Prioritize policies and create exceptions

Prioritizing policies allows you to define the precedence of policies when they contain conflicting settings. The process used to evaluate policies is as follows:
  1. When a user logs on, all policies that match the assignments for the connection are identified.
  2. The identified policies are sorted into priority order and multiple instances of any setting are compared. Each setting is applied according to the priority ranking of the policy.

You prioritize policies by giving them different priority numbers. By default, new policies are given the lowest priority. If policy settings conflict, a policy with a higher priority (a priority number of 1 is the highest) overrides a policy with a lower priority. Settings are merged according to priority and the setting's condition; for example, whether the setting is disabled or enabled. Any disabled setting overrides a lower-ranked setting that is enabled. Policy settings that are not configured are ignored and do not override the settings of lower-ranked settings.

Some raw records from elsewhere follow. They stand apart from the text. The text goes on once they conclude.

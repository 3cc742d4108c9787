-- ===== src/Fixture/Samples.antt =====
-- The codec, the runtime and the accounts of the runs of programs/fixture: each field of a header is one
-- element, and the calls out of the program change nothing.
use redsuite.Prelude.{
  ℕ, ◌^◌, ◌≡◌, refl, Bool, true, false, ◌&&◌, List, [], ◌∷◌, ◌++◌, Option, none, some, arith,
  length, ltb, lt→ltb, ltb→lt, eqb, replicate, Bool-cases, inl, inr, if◌then◌else◌, ok, u64_mod, ap,
  subst,
}
use redsuite.Fixture.{
  CellId, UndelegationOutcome, accept, reject, CellHeader, new_header, Account, Ledger, Codec,
  IsHeader,
}
use redsuite.Fixture.Syntax.{ResultCallback, MagicResponse, Runtime}

abbrev pub outcome_code : UndelegationOutcome → ℕ
outcome_code accept = 0
outcome_code reject = 1

abbrev pub encode_header : CellHeader → List ℕ
encode_header h =
    h.id.authority
    ∷ h.id.index
    ∷ h.value
    ∷ h.revision
    ∷ outcome_code h.undelegation
    ∷ replicate 59 0

abbrev pub header_of : ℕ → ℕ → ℕ → ℕ → UndelegationOutcome → Option CellHeader
header_of a i v r u =
    if ltb a (2 ^ 256) && ltb i u64_mod && ltb v u64_mod && ltb r u64_mod
    then some (record {
      id = record { authority = a; index = i };
      value = v;
      revision = r;
      undelegation = u;
    })
    else none

abbrev pub decode_header : List ℕ → Option CellHeader
decode_header (a ∷ i ∷ v ∷ r ∷ u ∷ rest) = header_of a i v r (if eqb u 0 then accept else reject)
decode_header _ = none

pub decode_encode_header :
    (h : CellHeader) (rest : List ℕ) → IsHeader h → decode_header (encode_header h ++ rest) ≡ some h
decode_encode_header h rest r =
    let a = lt→ltb h.id.authority (2 ^ 256) r.authority in
    let i = lt→ltb h.id.index u64_mod r.index in
    let v = lt→ltb h.value u64_mod r.value in
    let w = lt→ltb h.revision u64_mod r.revision in rw (a, i, v, w) (ap some (same h.undelegation))
  where
    same :
        (u : UndelegationOutcome)
        → record h { undelegation = if eqb (outcome_code u) 0 then accept else reject }
          ≡ record h { undelegation = u }
    same accept = refl
    same reject = refl

and_four :
    (a b c d : Bool) → (a && b && c && d) ≡ true → (a ≡ true) × (b ≡ true) × (c ≡ true) × (d ≡ true)
and_four a b c d h = ground arith

some-inj : (g h : CellHeader) → some g ≡ some h → g ≡ h
some-inj g h e = cc

header_of_range :
    (a i v r : ℕ) (u : UndelegationOutcome) (h : CellHeader)
    → header_of a i v r u ≡ some h
    → IsHeader h
header_of_range a i v r u h e =
    elim (Bool-cases (ltb a (2 ^ 256) && ltb i u64_mod && ltb v u64_mod && ltb r u64_mod)) [
      | inl fits ↦
          let (fa, fi, fv, fr) =
            and_four (ltb a (2 ^ 256)) (ltb i u64_mod) (ltb v u64_mod) (ltb r u64_mod) fits in
          subst IsHeader (some-inj _ h (rw fits at e)) (record {
            authority = ltb→lt a (2 ^ 256) fa;
            index = ltb→lt i u64_mod fi;
            value = ltb→lt v u64_mod fv;
            revision = ltb→lt r u64_mod fr;
          })
      | inr over ↦ absurd (cc (rw over at e))
    ]

pub decode_header_range : (d : List ℕ) (h : CellHeader) → decode_header d ≡ some h → IsHeader h
decode_header_range [] h e = absurd (cc)
decode_header_range (a ∷ []) h e = absurd (cc)
decode_header_range (a ∷ i ∷ []) h e = absurd (cc)
decode_header_range (a ∷ i ∷ v ∷ []) h e = absurd (cc)
decode_header_range (a ∷ i ∷ v ∷ r ∷ []) h e = absurd (cc)
decode_header_range (a ∷ i ∷ v ∷ r ∷ u ∷ rest) h e = header_of_range a i v r _ h e

abbrev pub plain : Codec
plain = record {
  decode = decode_header;
  encode = encode_header;
  sha256 = λ xs. replicate 32 (length xs);
  length_encode = λ h. refl;
  decode_encode = decode_encode_header;
  decode_range = decode_header_range;
}

-- The callback's key is 9, and every response reports a failed action on cell 1, with ten lamports due
-- to account 2. The calls out of the program change nothing.
abbrev pub effect : ResultCallback
effect = record {
  cell = 1;
  refund = some (record { recipient = 2; amount = 10 });
  compute_units = 0;
}

abbrev pub failed_response : MagicResponse
failed_response = record { ok_flag = false; effect = some effect }

abbrev pub idle : Runtime
idle = record {
  cpi = λ p k ms bs ss l. ok l;
  send_bundle = λ calls l. ok l;
  system_transfer = λ s d v a l. ok l;
  resize_account = λ a n. ok a;
  minimum_balance = λ n. 0;
  pda = λ id p. 1;
  create_pda = λ c p n id s q l. ok l;
  delegate_account = λ ks id v n l. ok l;
  delegate_account_with_any_validator = λ ks id v n l. ok l;
  system_program = 0;
  undelegate_account = λ c p b q s ss l. ok l;
  undelegate_discriminator = [];
  parse = λ bs. none;
  parse_seeds = λ bs. none;
  parse_response = λ bs. some failed_response;
  callback_signer = 9;
}

abbrev pub id : CellId
id = record { authority = 7; index = 0 }

abbrev pub cell_with : ℕ → ℕ → ℕ → Account
cell_with lamports value revision = record {
  owner = 5;
  lamports = lamports;
  bytes =
      encode_header (record (new_header id) { value = value; revision = revision }) ++ 1 ∷ 2 ∷ [];
}

abbrev pub wallet : Account
wallet = record { owner = 0; lamports = 3; bytes = [] }

abbrev pub ledger : Ledger
ledger k = if eqb k 1 then cell_with 50 0 0 else wallet
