-- ===== src/Causal/Tests.antt =====
-- core/src/redline/causal.rs: a step on two new cells, with the accounts of the fixture's samples.
use redsuite.Prelude.{◌≡◌, refl, arith, false, true, List, [], ◌∷◌, ◌++◌, some, ok, err, replicate}
use redsuite.Fixture.{Key, accept, Fallible, Account, Ledger}
use redsuite.Fixture.Cell.{update, set_value, put_bytes, fold}
use redsuite.Fixture.Syntax.{set, fold_hashes}
use redsuite.Fixture.Build.{Meta, Batch, add_set, add_fold_hashes}
use redsuite.Fixture.Instructions.{batch}
use redsuite.Fixture.Execute.{run, apply, collect}
use redsuite.Fixture.Batches.{infos}
use redsuite.Fixture.Samples.{plain, idle, encode_header, id}
use redsuite.Causal.{y, accounts, Mismatch, compare, read_payload, first_chunk, new_pair, send}
use redsuite.Causal.Agreement.{send-Agrees}

abbrev new_cell : Account
new_cell = record {
  owner = 5;
  lamports = 50;
  bytes =
      encode_header (record { id = id; value = 0; revision = 0; undelegation = accept })
      ++ replicate 32 0;
}

abbrev two_cells : Ledger
two_cells k = new_cell

abbrev entry : Key → Meta
entry k = record { pubkey = k; is_signer = false; is_writable = true }

abbrev table : List Meta
table = entry 1 ∷ entry 2 ∷ []

abbrev set_batch : Batch
set_batch = record {
  program = 5;
  accounts = table;
  operations = set (0 ∷ 1 ∷ []) 7 ∷ [];
  nonce = 0;
}

abbrev fold_batch : Batch
fold_batch = record {
  program = 5;
  accounts = table;
  operations = set (0 ∷ 1 ∷ []) 7 ∷ fold_hashes (0 ∷ 1 ∷ []) 7 1 ∷ [];
  nonce = 0;
}

abbrev or_ledger : Fallible Ledger → Ledger
or_ledger (ok l) = l
or_ledger (err e) = two_cells

folded : Ledger
unfolding run update
folded = or_ledger (run plain idle 5 (infos table) fold_batch.operations two_cells)

send-Agrees_example :
    compare plain
      (send plain {E = Mismatch} y 7 1 (ok 3) (new_pair 1 2)).1.model
      (some (folded 1))
      (some (folded 2))
    ≡ ok tt
unfolding folded batch add_set add_fold_hashes run apply collect fold compare read_payload
    first_chunk send new_pair accounts set_value put_bytes
send-Agrees_example =
    send-Agrees plain idle 5 (λ bytes. refl) (new_pair 1 2) y 7 1 3 set_batch fold_batch two_cells
      folded (omega arith) refl refl refl refl refl
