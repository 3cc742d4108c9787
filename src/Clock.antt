-- ===== src/Clock.antt =====
-- core/src/transport/clock.rs: the send clock, which keeps for each id of a window when its request was
-- sent. Instants are counted in nanoseconds. `none` is the panic of `stamp` outside the window.
pub mod Window
mod Tests
use redsuite.Prelude.{
  ℕ, suc, ◌+◌, ◌-◌, ◌/◌, ◌%◌, ◌^◌, min, List, Option, none, some, eqb, if◌then◌else◌, get_elem?,
  set, length, ltb, replicate, map, checked_sub, u64_mod,
}

pub record SendClock : Type 0 where
  pub epoch : ℕ
  pub first_id : ℕ
  pub sent_micros : List ℕ

abbrev pub u32_max : ℕ
u32_max = 2 ^ 32 - 1

-- The microseconds from the epoch to an instant, as a `u64`.
unfoldable pub micros : ℕ → ℕ → ℕ
micros epoch at = (at - epoch) / 1000 % u64_mod

unfoldable pub new : ℕ → ℕ → ℕ → SendClock
new now first_id capacity = record {
  epoch = now;
  first_id = first_id;
  sent_micros = replicate capacity 0;
}

unfoldable pub within : ℕ → Option ℕ → Option ℕ
within capacity none = none
within capacity (some index) = if ltb index capacity then some index else none

-- The index of an id's slot.
unfoldable pub slot_of : SendClock → ℕ → Option ℕ
unfolding within
slot_of c id = within (length c.sent_micros) (checked_sub id c.first_id)

unfoldable pub reset : ℕ → SendClock → SendClock
reset first_id c = record c { sent_micros = map (λ _. 0) c.sent_micros; first_id = first_id }

unfoldable pub store : ℕ → Option ℕ → SendClock → Option SendClock
store value none c = none
store value (some index) c = some (record c { sent_micros = set c.sent_micros index value })

unfoldable pub stamp : ℕ → ℕ → SendClock → Option SendClock
unfolding slot_of micros store
stamp id at c = store (micros c.epoch at + 1) (slot_of c id) c

unfoldable pub elapsed_of : ℕ → ℕ → Option ℕ
elapsed_of now stamped = if eqb stamped 0 then none else some (min (now - (stamped - 1)) u32_max)

unfoldable pub elapsed_at : ℕ → Option ℕ → Option ℕ
unfolding elapsed_of
elapsed_at now none = none
elapsed_at now (some stamped) = elapsed_of now stamped

unfoldable pub load : Option ℕ → SendClock → Option ℕ
load none c = none
load (some index) c = get_elem? c.sent_micros index

unfoldable pub elapsed_micros : ℕ → ℕ → SendClock → Option ℕ
unfolding slot_of elapsed_at micros load
elapsed_micros now id c = elapsed_at (micros c.epoch now) (load (slot_of c id) c)

-- `Stamped::deliver`, up to the delivery that it wraps.
unfoldable pub stamp_delivery : Option SendClock → ℕ → ℕ → Option (Option SendClock)
unfolding stamp
stamp_delivery none id sent = some none
stamp_delivery (some c) id sent = elim (stamp id sent c) [ none ↦ none | some c' ↦ some (some c') ]
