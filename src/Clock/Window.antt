-- ===== src/Clock/Window.antt =====
-- core/src/transport/clock.rs: the stamps of a window of ids.
use redsuite.Prelude.{
  ap, ◌∙◌, ◌⊎◌, inl, inr, Option-cases, length-set, ℕ, suc, zero, ◌+◌, ◌-◌, ◌<◌, ◌≤◌, ◌≡◌, ◌≢◌,
  refl, List, [], ◌∷◌, Option, none, some, min, arith, get_elem?, set, length, checked_sub,
}
use redsuite.Clock.{
  within, store, load, SendClock, u32_max, micros, slot_of, stamp, elapsed_of, elapsed_at,
  elapsed_micros,
}

get_elem?-set : (xs : List ℕ) (i v : ℕ) → i < length xs → get_elem? (set xs i v) i ≡ some v
get_elem?-set [] i v h = absurd (omega arith)
get_elem?-set (x ∷ xs) zero v h = refl
get_elem?-set (x ∷ xs) (suc i) v h = get_elem?-set xs i v (omega arith)

get_elem?-set_other : (xs : List ℕ) (i j v : ℕ) → i ≢ j → get_elem? (set xs i v) j ≡ get_elem? xs j
get_elem?-set_other [] i j v h = refl
get_elem?-set_other (x ∷ xs) zero zero v h = absurd (h refl)
get_elem?-set_other (x ∷ xs) zero (suc j) v h = refl
get_elem?-set_other (x ∷ xs) (suc i) zero v h = refl
get_elem?-set_other (x ∷ xs) (suc i) (suc j) v h = get_elem?-set_other xs i j v (λ e. h (cc))

-- The ids of the window.
abbrev pub Tracked : SendClock → ℕ → Type 0
Tracked c id = (c.first_id ≤ id) × (id < c.first_id + length c.sent_micros)

slot_of-Tracked : (c : SendClock) (id : ℕ) → Tracked c id → slot_of c id ≡ some (id - c.first_id)
unfolding slot_of within
slot_of-Tracked c id h = ground arith

slot_of-other :
    (c : SendClock) (id other : ℕ)
    → Tracked c id
    → id ≢ other
    → (slot_of c other ≡ none)
      ⊎ ((index : ℕ) × (slot_of c other ≡ some index) × (id - c.first_id ≢ index))
unfolding slot_of within
slot_of-other c id other h apart = elim (Option-cases (slot_of c other)) [
  | inl outside ↦ inl outside
  | inr (index, inside) ↦
      let at : (c.first_id ≤ other) × (index ≡ other - c.first_id) = ground arith in
      inr (index, inside, λ same. apart (omega arith))
]

slot_of-set :
    (c : SendClock) (id index value : ℕ)
    → slot_of (record c { sent_micros = set c.sent_micros index value }) id ≡ slot_of c id
unfolding slot_of
slot_of-set c id index value =
    ap (λ n. within n (checked_sub id c.first_id)) (length-set c.sent_micros index value)

load-set_other :
    (c : SendClock) (o : Option ℕ) (index value : ℕ)
    → (o ≡ none) ⊎ ((j : ℕ) × (o ≡ some j) × (index ≢ j))
    → load o (record c { sent_micros = set c.sent_micros index value }) ≡ load o c
unfolding load
load-set_other c none index value h = refl
load-set_other c (some i) index value (inl e) = absurd (cc)
load-set_other c (some i) index value (inr (j, e, apart)) =
    get_elem?-set_other c.sent_micros index i value (λ same. apart (cc))

-- Stamping a tracked id succeeds. Later its elapsed time is the microseconds since the stamp,
-- capped at the largest u32, and that of every other id is what it was.
pub elapsed_micros-stamp :
    (c : SendClock) (id at now other : ℕ)
    → Tracked c id
    → (c' : SendClock) × (stamp id at c ≡ some c')
      × (elapsed_micros now id c' ≡ some (min (micros c.epoch now - micros c.epoch at) u32_max))
      × (id ≢ other → elapsed_micros now other c' ≡ elapsed_micros now other c)
unfolding stamp store elapsed_micros elapsed_at elapsed_of load
elapsed_micros-stamp c id at now other h =
    let index = id - c.first_id in
    let value = micros c.epoch at + 1 in
    let c' = record c { sent_micros = set c.sent_micros index value } in
    let slot = slot_of-Tracked c id h in
    (
      c',
      ap (λ o. store value o c) slot,
      ap (λ o. elapsed_at (micros c.epoch now) (load o c')) (slot_of-set c id index value ∙ slot)
          ∙ ap (elapsed_at (micros c.epoch now))
              (get_elem?-set c.sent_micros index value (omega arith))
          ∙ ground arith,
      λ apart.
          ap (λ o. elapsed_at (micros c.epoch now) (load o c')) (slot_of-set c other index value)
          ∙ ap (elapsed_at (micros c.epoch now))
              (load-set_other c (slot_of c other) index value (slot_of-other c id other h apart)),
    )
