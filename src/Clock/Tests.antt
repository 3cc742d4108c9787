-- ===== src/Clock/Tests.antt =====
-- A window of core/src/transport/clock.rs with the ids 5 to 7.
use redsuite.Prelude.{ℕ, ◌-◌, ◌≡◌, ◌≢◌, refl, [], ◌∷◌, some, min, arith}
use redsuite.Clock.{SendClock, u32_max, micros, new, stamp, elapsed_micros}
use redsuite.Clock.Window.{elapsed_micros-stamp}

abbrev window : SendClock
window = record { epoch = 1000; first_id = 5; sent_micros = 0 ∷ 0 ∷ 0 ∷ [] }

elapsed_micros-stamp_example :
    (c' : SendClock) × (stamp 6 3000 window ≡ some c')
    × (elapsed_micros 9000 6 c' ≡ some (min (micros 1000 9000 - micros 1000 3000) u32_max))
    × (◌≢◌ {A = ℕ} 6 7 → elapsed_micros 9000 7 c' ≡ elapsed_micros 9000 7 window)
elapsed_micros-stamp_example = elapsed_micros-stamp window 6 3000 9000 7 (omega arith)

six_micros : elapsed_micros 9000 6 (record window { sent_micros = 0 ∷ 3 ∷ 0 ∷ [] }) ≡ some 6
unfolding elapsed_micros
six_micros = refl

first_window : new 1000 5 3 ≡ window
unfolding new
first_window = refl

When you create policies for groups of users, user devices, or machines, you may find that some members of the group require exceptions to some policy settings. You can create exceptions by:
  • Creating a policy only for those group members who need the exceptions and then ranking the policy higher than the policy for the entire group
  • Using the Deny mode for an assignment added to the policy
An assignment with the mode set to Deny applies a policy only to connections that do not match the assignment criteria. For example, a policy contains the following assignments:
  • Assignment A is a Client IP address assignment that specifies the range 208.77.88.* and the mode is set to Allow
  • Assignment B is a User assignment that specifies a particular user account and the mode is set to Deny

The policy is applied to all users who log on to the site with IP addresses in the range specified in Assignment A. However, the policy is not applied to the user logging on to the site with the user account specified in Assignment B, even though the user's computer is assigned an IP address in the range specified in Assignment A.